Cosas de críos Recuerdos de una infancia, escritos antes de que el paso de los años borrara para siempre su sabor

4.- Mi cantimplora

Recuerdo a mi primera maestra, doña Conchita; era una mujer mayor —si es que a los cinco años y medio puede haber alguien que no lo sea—; no recuerdo su edad, ni apenas su aspecto casi rubio y con gafas, pero no he podido olvidar en cambio sus medias de costura negra que parecían formar parte indivisible con sus zapatos de medio tacón y aquellas pantorrillas redondeadas.
No soy capaz de discernir si me impulsaba algún erotismo misterioso, pero no podía evitar, cada vez que ella pasaba por mi lado en aquellos lentos paseos durante los cuales dictaba, el volverme para observar el atractivo contraste entre la bata blanca, las medias de costura negra y los brillantes zapatos de tacón.

Cuatro o cinco años después de aquello, doña Conchita y su marido se mataron en un accidente de tráfico y recuerdo que, a pesar del corto tiempo transcurrido, lo único de ella que se me vino a la mente al enterarme de la noticia, fueron sus piernas, desde el borde de la bata hasta el suelo.

También recuerdo la clase, los taburetes que olían a madera manoseada y las mesas que brillaban de tanto rozar los codos.

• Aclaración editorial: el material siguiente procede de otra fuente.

-- ===== src/Registry/Project/Edges.antt =====
-- `project_edge` and `remove_action_edges`: dependency edges and the edges of triggers.
pub mod Steps
use dotfile.Prelude.{
  ℕ, String, Bool, false, Option, none, some, List, [], ◌∷◌, Result, ok, err, ok_or, guard, ◌>>=◌,
  ◌>>◌, ◌&&◌, str_eq, one_of, any, delete, if◌then◌else◌, ◌==◌,
}
use dotfile.Entry.{LogEntry}
use dotfile.External.{UlidText, External}
use dotfile.Registry.Schema.{Edge, Tables, Error, sqlite, invalid_event}
use dotfile.Registry.Schema.{no_edges, edge_without_id, bad_edge_kind}
use dotfile.Registry.Fields.{str_field, required_str, parse_id, required_id}

abbrev pub edge_kinds : List String
edge_kinds = "depends_on" ∷ "block_on" ∷ "parent" ∷ []

module _ {V : Type 0} where
  -- `INSERT INTO edges`: the id is the primary key
  unfoldable pub insert_edge : Edge V → List (Edge V) → Result Error (List (Edge V))
  insert_edge edge edges =
      if any (λ r. r.id == edge.id) edges then err sqlite else ok (edge ∷ edges)

abbrev pub text_is : Option String → String → Bool
text_is none s = false
text_is (some t) s = str_eq t s

module _ {V : Type 0} ⦃x : External V⦄ where
  open x use {get, as_array}

  abbrev pub array_field : V → String → Option (List V)
  array_field v field = elim (get v field) [ none ↦ none | some w ↦ as_array w ]

module _ {V : Type 0} ⦃u : UlidText⦄ ⦃x : External V⦄ where
  open u use {show_ulid}
  open x use {extract_text}

  -- the closure `field`
  unfoldable pub edge_field : V → String → Result Error ℕ
  unfolding parse_id
  edge_field edge name = do
    value ← ok_or (str_field edge name) (invalid_event edge_without_id)
    parse_id value

  unfoldable pub insert_action_edges : List V → List (Edge V) → Result Error (List (Edge V))
  unfolding edge_field insert_edge
  insert_action_edges [] edges = ok edges
  insert_action_edges (v ∷ vs) edges = do
    id ← edge_field v "id"
    source ← edge_field v "source"
    target ← edge_field v "target"
    let row : Edge V = record {
      id = id;
      source = source;
      target = target;
      kind = "block_on";
      body = v;
    }
    inserted ← insert_edge row edges
    insert_action_edges vs inserted

  -- the edges of the trigger that the session owns
  abbrev pub is_action_edge : String → ℕ → Edge V → Bool
  is_action_edge trigger owner r =
      text_is (extract_text r.body "trigger_id") trigger
      && text_is (extract_text r.body "owner") (show_ulid owner)

  unfoldable pub remove_action_edges : Tables V → LogEntry V → Result Error (Tables V)
  unfolding required_str
  remove_action_edges t e = do
    id ← required_str e "trigger_id"
    ok (record t { edges = delete (is_action_edge id e.session_id) t.edges })

  register_action : Tables V → LogEntry V → Result Error (Tables V)
  unfolding insert_action_edges
  register_action t e = do
    vs ← ok_or (array_field e.body "edges") (invalid_event no_edges)
    edges ← insert_action_edges vs t.edges
    ok (record t { edges = edges })

  unfoldable pub edge_kind : LogEntry V → Result Error String
  unfolding required_str
  edge_kind e =
      if str_eq e.event_type "session.depends_on"
      then ok "depends_on"
      else if str_eq e.event_type "session.block_on"
      then ok "block_on"
      else required_str e "kind"

  unfoldable pub add_edge : Tables V → LogEntry V → Result Error (Tables V)
  unfolding required_id edge_kind insert_edge
  add_edge t e = do
    target ← required_id e "target"
    kind ← edge_kind e
    guard (one_of edge_kinds kind) (invalid_event bad_edge_kind)
    let row : Edge V = record {
      id = e.event_id;
      source = e.session_id;
      target = target;
      kind = kind;
      body = e.body;
    }
    edges ← insert_edge row t.edges
    ok (record t { edges = edges })

  remove_edge : Tables V → LogEntry V → Result Error (Tables V)
  unfolding required_id
  remove_edge t e = do
    id ← required_id e "edge_id"
    ok (record t { edges = delete (λ r. r.id == id && r.source == e.session_id) t.edges })

  unfoldable pub project_edge : Tables V → LogEntry V → Result Error (Tables V)
  unfolding register_action remove_action_edges add_edge remove_edge
  project_edge t e =
      if str_eq kind "edge.action_registered"
      then register_action t e
      else if one_of ("edge.action_removed" ∷ "edge.action_fired" ∷ "edge.action_failed" ∷ []) kind
      then remove_action_edges t e
      else if one_of ("edge.added" ∷ "session.depends_on" ∷ "session.block_on" ∷ []) kind
      then add_edge t e
      else if str_eq kind "edge.removed"
      then remove_edge t e
      else ok t
    where
      open e use {event_type as kind}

Y recuerdo, muy poco, a los compañeros que escuchaban las mismas palabras que yo, pero que, seguramente, las entendían cada cual a su modo.

Había diferencias entre todos nosotros: en la clase había españoles y morillos; pero, en contra de lo que pudiera parecer, no era la raza lo que nos hacía diferentes a los unos de los otros, sino que, a causa del deficiente sistema de escolarización del recién independiente Marruecos, ellos eran todos mayores que nosotros, tal vez sólo dos o tres años, pero, a esa edad, ocho centímetros de estatura son determinantes.

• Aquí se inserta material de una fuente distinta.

-- ===== src/Wrapper/Inflate.antt =====
-- lib/wrapper.c: inflateInit2_ and the calls that go through to the implementation in use. `none` is
-- a call of an implementation with a private state that is not its own, or not a state any more.
use genwqe_user.Prelude.{
  ℕ, zero, suc, ◌*◌, Bool, true, false, not, ◌&&◌, ◌||◌, Option, none, some, List, [], length, take,
  leb, if◌then◌else◌, ℤ, pos,
}
use genwqe_user.Hardware.Buffers.{Zstream}
use genwqe_user.Wrapper.Backend.{
  Zerr, mem_error, stream_error, unsupported, Zrc, ok, error, is_ok, Impl, sw_impl, hw_impl, is_hw,
  Opened, opened, failed, Backends, Priv, null, of_hw, of_sw, Config, Internal, Out,
}

-- ZLIB_MAXDICTLEN
abbrev pub max_dict_len : ℕ
max_dict_len = 32 * 1024

-- `strm->state = w->priv_data`, then a function of the implementation in use.
abbrev pub dispatch : {H Z A : Type 0} → (H → A) → (Z → A) → Impl → Priv H Z → Option A
dispatch h z hw_impl (of_hw x) = some (h x)
dispatch h z sw_impl (of_sw x) = some (z x)
dispatch h z _ _ = none

-- The same for a function that goes on with its private state, which is put back into `w`.
abbrev pub keep : {H Z X : Type 0} → (X → Priv H Z) → Internal H Z → Zrc × Zstream × X → Out H Z
keep mk w r = record { rc = r.0; strm = r.1; state = some (record w { priv_data = mk r.2 }) }

abbrev pub through :
    {H Z : Type 0}
    → (H → Zrc × Zstream × H)
    → (Z → Zrc × Zstream × Z)
    → Internal H Z
    → Option (Out H Z)
through h z w = dispatch (λ x. keep of_hw w (h x)) (λ x. keep of_sw w (z x)) w.impl w.priv_data

-- A call that does not get to an implementation.
abbrev pub refuse : {H Z : Type 0} → Zerr → Zstream → Option (Internal H Z) → Option (Out H Z)
refuse e strm state = some (record { rc = error e; strm = strm; state = state })

-- What one implementation gives, as a private state of the wrapper.
abbrev pub wrapped :
    {H Z X : Type 0} → (X → Priv H Z) → Zstream × Opened X → Zstream × Opened (Priv H Z)
wrapped mk (s, opened x) = (s, opened (mk x))
wrapped mk (s, failed e) = (s, failed e)

module _ {H Z : Type 0} (b : Backends H Z) where
  -- One try of __inflateInit2_.
  abbrev pub try_init : Zstream → ℤ → Impl → Zstream × Opened (Priv H Z)
  try_init strm bits hw_impl = wrapped of_hw (b.hw.inflate_init2 bits strm)
  try_init strm bits sw_impl = wrapped of_sw (b.sw.inflate_init2 bits strm)

  -- __inflateInit2_: a loop with at most two rounds, the second one in software.
  unfoldable pub init_loop : ℕ → Zerr → Zstream → Internal H Z → Zstream × Zrc × Internal H Z
  init_loop zero e strm w = (strm, error e, w)
  init_loop (suc retries) e strm w =
      let (s, r) = try_init strm w.window_bits w.impl in
      elim r [
        | opened p ↦ (s, ok, record w { priv_data = p })
        | failed e' ↦ init_loop retries e' s (record w { impl = sw_impl; allow_switching = false })
      ]

  abbrev pub init_state : Zstream → Internal H Z → Zstream × Zrc × Internal H Z
  init_state strm w = init_loop 2 stream_error strm w

  -- inflateInit2_; `memory` is whether the two calls of calloc are granted.
  unfoldable pub inflate_init2 : Config → Bool × Bool → ℤ → Zstream → Out H Z
  unfolding init_loop
  inflate_init2 c memory bits strm =
      let reset : Zstream = record strm { total_in = 0; total_out = 0 } in
      let w : Internal H Z = record {
        impl = c.impl;
        priv_data = null;
        allow_switching = true;
        level = pos 0;
        method = 0;
        mem_level = 0;
        strategy = 0;
        window_bits = bits;
        gzhead = none;
        dictionary = [];
        dict_length = 0;
      } in
      let (s, rc, w') = init_state reset w in
      if not memory.0 || (not b.has_get_dictionary && not memory.1)
      then record { rc = error mem_error; strm = reset; state = none }
      else record { rc = rc; strm = s; state = if is_ok rc then some w' else none }

  -- inflateReset and inflateReset2 on a stream of the wrapper: the totals go back to 0 afterwards.
  abbrev pub clear_totals : Option (Out H Z) → Option (Out H Z)
  clear_totals none = none
  clear_totals (some o) = some (record o { strm = record o.strm { total_in = 0; total_out = 0 } })

  unfoldable pub inflate_reset : Zstream → Internal H Z → Option (Out H Z)
  inflate_reset strm w = clear_totals (
      through (b.hw.inflate_reset strm) (b.sw.inflate_reset strm)
        (record w { allow_switching = true; gzhead = none; dict_length = 0 }))

  unfoldable pub inflate_reset2 : ℤ → Zstream → Internal H Z → Option (Out H Z)
  inflate_reset2 bits strm w = clear_totals (
      through (b.hw.inflate_reset2 bits strm) (b.sw.inflate_reset2 bits strm)
        (record w { allow_switching = true; dict_length = 0 }))

  -- inflateSetDictionary
  unfoldable pub inflate_set_dictionary : List ℕ → Zstream → Internal H Z → Option (Out H Z)
  inflate_set_dictionary dict strm w =
      let copied : Internal H Z = record w {
        dictionary = take max_dict_len dict;
        dict_length = length dict;
      } in
      through (b.hw.inflate_set_dictionary dict strm) (b.sw.inflate_set_dictionary dict strm)
        (if is_hw w.impl || b.has_get_dictionary then w else copied)

  -- The copy of the dictionary; `none` is a read behind the end of the buffer.
  abbrev pub read_copy : Internal H Z → Option (Zrc × List ℕ)
  read_copy w =
      if leb w.dict_length max_dict_len then some (ok, take w.dict_length w.dictionary) else none

  -- inflateGetDictionary: the code and the dictionary.
  unfoldable pub inflate_get_dictionary : Internal H Z → Option (Zrc × List ℕ)
  inflate_get_dictionary w =
      let below =
        dispatch b.hw.inflate_get_dictionary b.sw.inflate_get_dictionary w.impl w.priv_data in
      if is_hw w.impl || b.has_get_dictionary then below else read_copy w

  -- inflateGetHeader
  unfoldable pub inflate_get_header : ℕ → Zstream → Internal H Z → Option (Out H Z)
  inflate_get_header head strm w =
      through (b.hw.inflate_get_header head strm) (b.sw.inflate_get_header head strm)
        (record w { gzhead = some head })

  -- inflatePrime and inflateSync
  unfoldable pub inflate_prime : ℤ → ℤ → Zstream → Internal H Z → Option (Out H Z)
  inflate_prime bits value strm w =
      through (λ x. (error unsupported, strm, x)) (b.inflate_prime bits value strm) w

  unfoldable pub inflate_sync : Zstream → Internal H Z → Option (Out H Z)
  inflate_sync strm w = through (λ x. (error unsupported, strm, x)) (b.inflate_sync strm) w

  -- __inflateEnd; afterwards `priv_data` is a pointer to memory that was freed.
  unfoldable pub end_state : Zstream → Internal H Z → Option (Zrc × Zstream)
  end_state strm w = dispatch (b.hw.inflate_end strm) (b.sw.inflate_end strm) w.impl w.priv_data

  -- inflateEnd
  unfoldable pub inflate_end : Zstream → Internal H Z → Option (Out H Z)
  unfolding end_state
  inflate_end strm w = elim (end_state strm w) [
    | none ↦ none
    | some (rc, s) ↦ some (record { rc = rc; strm = s; state = none })
  ]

Nos ganaban en fuerza, en picardía y en casi todos los juegos de destreza o deportes; pero nunca hubo más de uno o dos que lograra correr tanto como yo, tal vez a causa del entrenamiento frecuente a consecuencia de mis retrasos en incorporarme a la fila. Apenas sabían leer; no estudiaban, y doña Conchita, aburrida, hasta dejaba a veces de preguntarles la lección.

A uno de ellos, no recuerdo su nombre, no podía denominársele como morillo, palabra habitual por la que designábamos a nuestros compañeros marroquíes, sino que era todo un morazo; alto —nos sacaba a todos más de la cabeza—, moreno y particularmente bruto que, aparte de no estudiar, se pasaba el tiempo haciendo la vida imposible al resto de los alumnos, fueran unos u otros.

Un día, entrada ya la primavera y con el calor insinuándose por medio de las impertinentes moscas que se pegaban a los cristales, el morazo aquel hacía de las suyas en un intervalo entre clases, frecuentes pausas en las que, ausentándose de la clase difícil y alborotadora, doña Conchita se reunía en los pasillos con sus otras colegas para hablar de recetas de cocina, chismes del provincianísimo Nador o de los planes para el fin de semana.

Estrenaba yo, aquella mañana, una nueva cantimplora fabricada con aquel curioso material transparente que se llamaba plástico y que nosotros denominábamos como plexi-glás o, simplemente, pasta; el recipiente era de un ligero color azulado que parecía hacer más fresca el agua que apestaba a vasija inadecuada. Mi compañero de al lado me dijo que tenía sed y, desenroscando el vaso que hacía las veces de tapón, tendí la cantimplora ultramoderna a aquel niño que, pese a ser marroquí, tenía mi misma edad, estudiaba y era mi amigo y, por lo tanto, quedaba automáticamente apeado en mi mente del tratamiento de morillo. Cuando, saciada su sed, ya me devolvía la cantimplora, el largo y negruzco brazo del morazo se apoderó de la cinta de transporte y tiró de ella, ante mis protestas.

Era tan alto que, con la cantimplora empinada sobre su boca de labios desproporcionados, yo no era capaz de alcanzar mi estreno de plástico.

Danzando al son de algunos amigos suyos que le jaleaban, el morazo fue vaciando, lentamente, aquel líquido precioso que, con su bonito color azulado y su horrible sabor a plástico, desaparecía dentro de él —aquel robo descarado era doblemente preocupante por cuanto sólo salíamos al recreo una vez, y la única fuente de agua potable quedaba más bien retirada de la zona de las aulas—. Ni siquiera subiéndome al pupitre logré recuperar lo que era mío, aunque tampoco lo intenté en demasía, sino que me quedé allí, mirando como el otro, al sonreír por su victoria o por mi escasa talla de cinco años, dejaba que se derramara el agua a ambos lados de su cuello, que a mí me parecía sin lavar desde hacía mucho.

Aquella mañana de primavera supe, lo recuerdo muy bien, lo que era el odio. Odio a aquel morazo que se bebía mi agua, a los demás compañeros que no me ayudaban; odio a mi impotencia, a mi corta edad y a doña Conchita, que no aparecía. No era odio racial —no me hubiera importado que mi otro compañero hubiera vaciado la cantimplora, siendo como era tan marroquí como él—, pero, desde entonces, aborrecí a aquel morazo con tanta inquina que llegué a desear su muerte y, por extensión, la de todos los otros que, como él, me superaban en edad y corpulencia.